After Joel stumbles upon evidence that Clementine has employed Lacuna to wipe him from her memory, he too visits their downtown offices, seeking to undergo a similar procedure to rid himself of the painful, hounding memories of his tangerine-haired beloved. Later that night, after his initial consultation and appointment, knocked out and semi-comatose due to a powerful dose of anesthesia administered by the Lacuna staff, Joel awakens within his own slumbering subconscious—Kaufman’s trusty alibi for indulging in a lengthy cinematic acid trip—and quickly realizes that forever losing the memory of Clementine would prove an infinitely greater tragedy than merely surviving the ache of losing her outwardly. As the Lacuna technician begins tinkering with Joel’s computer-rendered “brain map” in an attempt to delete any memories linked to Clem, Joel’s psyche turns psycho—names on street signs and books disappear at random, real memories of Clem are distorted and/or blended with unrelated ones, rain pours down inside Joel’s living room, along with every other visual non sequitur you can imagine. At this point, a subconscious Joel takes his subconscious Clem by the subconscious hand and the two begin a frantic attempt to save not only the memory of their relationship, but the relationship itself.

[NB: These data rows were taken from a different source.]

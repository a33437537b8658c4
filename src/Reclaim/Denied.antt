-- ===== src/Reclaim/Denied.antt =====
-- mgd/src/evictor/compact_zram.rs: which devices are compacted, and that a denial is the last attempt.
use lmkd_linux.Prelude.{
  ℕ, ◌≤◌, ◌≡◌, refl, String, Bool, true, false, Option, none, some, List, [], not, unwrap_or, sym,
  ◌∷◌, any, arith, if◌then◌else◌,
}
use lmkd_linux.Psi.{PressureLevel, elevated, below}
use lmkd_linux.Config.{CompiledConfig}
use lmkd_linux.Reclaim.{ErrorKind, permission_denied, would_block, not_found, other_error}
use lmkd_linux.Reclaim.Zram.{
  Sysfs, Compaction, ZramState, attempted, compacted, device_step, compact_each, compact_zram,
}

unfoldable pub is_denied : Option ErrorKind → Bool
is_denied none = false
is_denied (some permission_denied) = true
is_denied (some would_block) = false
is_denied (some not_found) = false
is_denied (some other_error) = false

-- Every attempt met the minimum, gained no more than was used, and followed no denial.
abbrev pub Proper : ℕ → List Compaction → Type 0
Proper min_mb [] = Unit
Proper min_mb (c ∷ cs) =
    (min_mb ≤ c.before_mb)
    × (c.reclaimed_mb ≤ c.before_mb)
    × (any (λ d. is_denied d.outcome) cs ≡ false)
    × Proper min_mb cs

abbrev pub IsGated : ℕ → ZramState → Type 0
IsGated min_mb s =
    (s.disabled ≡ any (λ d. is_denied d.outcome) s.attempts) × Proper min_mb s.attempts

-- A step keeps the record, and returns early exactly when it has disabled the compaction.
compacted-IsGated :
    (fs : Sysfs) (device : String) (before min_mb : ℕ) (o : Option ErrorKind) (s : ZramState)
    → fs.compact device ≡ o
    → min_mb ≤ before
    → s.disabled ≡ false
    → IsGated min_mb s
    → IsGated min_mb (compacted fs device before o s).0
      × ((compacted fs device before o s).1 ≡ (compacted fs device before o s).0.disabled)
unfolding compacted attempted is_denied
compacted-IsGated fs device before min_mb none s q le off h = ground arith
compacted-IsGated fs device before min_mb (some permission_denied) s q le off h = ground arith
compacted-IsGated fs device before min_mb (some would_block) s q le off h = ground arith
compacted-IsGated fs device before min_mb (some not_found) s q le off h = ground arith
compacted-IsGated fs device before min_mb (some other_error) s q le off h = ground arith

device_step-IsGated :
    (fs : Sysfs) (min_mb : ℕ) (device : String) (s : ZramState)
    → s.disabled ≡ false
    → IsGated min_mb s
    → let step = device_step fs min_mb device s in
      IsGated min_mb step.0 × (step.1 ≡ step.0.disabled)
unfolding device_step
device_step-IsGated fs min_mb device s off h = ground (
  arith,
  compacted-IsGated fs device (unwrap_or (fs.used_before device) 0) min_mb (fs.compact device) s,
)

compact_each-IsGated :
    (fs : Sysfs) (min_mb : ℕ) (devices : List String) (s : ZramState)
    → s.disabled ≡ false
    → IsGated min_mb s
    → IsGated min_mb (compact_each fs min_mb devices s)
unfolding compact_each
compact_each-IsGated fs min_mb [] s off h = h
compact_each-IsGated fs min_mb (device ∷ devices) s off h =
    by_return step.1 (device_step-IsGated fs min_mb device s off h)
      (compact_each-IsGated fs min_mb devices step.0)
  where
    step : ZramState × Bool
    step = device_step fs min_mb device s

    by_return :
        (returns : Bool)
        → IsGated min_mb step.0 × (returns ≡ step.0.disabled)
        → (step.0.disabled ≡ false
            → IsGated min_mb step.0
            → IsGated min_mb (compact_each fs min_mb devices step.0))
        → IsGated min_mb (if returns then step.0 else compact_each fs min_mb devices step.0)
    by_return true k ih = k.0
    by_return false k ih = ih (sym k.1) k.0

-- Over any sequence of calls with the same minimum, only devices that use at least the minimum are
-- compacted, the gain is never more than what was used, and after a denial nothing is tried again.
pub compact_zram-IsGated :
    (fs : Sysfs) (level : PressureLevel) (cfg : CompiledConfig) (s : ZramState)
    → IsGated cfg.zram_min_used_mb s
    → IsGated cfg.zram_min_used_mb (compact_zram fs level cfg s)
unfolding compact_zram
compact_zram-IsGated fs level cfg s h =
    by_tests (below level elevated) s.disabled (not cfg.compact_zram_on_elevated)
      (compact_each-IsGated fs cfg.zram_min_used_mb fs.zram_devices s)
  where
    run : ZramState
    run = compact_each fs cfg.zram_min_used_mb fs.zram_devices s

    by_tests :
        (low off unwanted : Bool)
        → (off ≡ false → IsGated cfg.zram_min_used_mb s → IsGated cfg.zram_min_used_mb run)
        → IsGated cfg.zram_min_used_mb
            (if low then s else if off then s else if unwanted then s else run)
    by_tests true off unwanted f = h
    by_tests false true unwanted f = h
    by_tests false false true f = h
    by_tests false false false f = f refl h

Don’t be fooled by the glib, offhand nature of the film’s surface demeanor. Kaufman’s endearingly off-the-wall antics are pronounced as ever, but he’s finally learning how to temper his humorous sport with something called humanistic spirit. This anti-romantic comedy has a beating heart at its center. And while it insists on offering a vision of romantic love through a carnival funhouse mirror dimly, the view is bright enough to leave a camera-flash-to-retina-style impression. One you will not soon forget.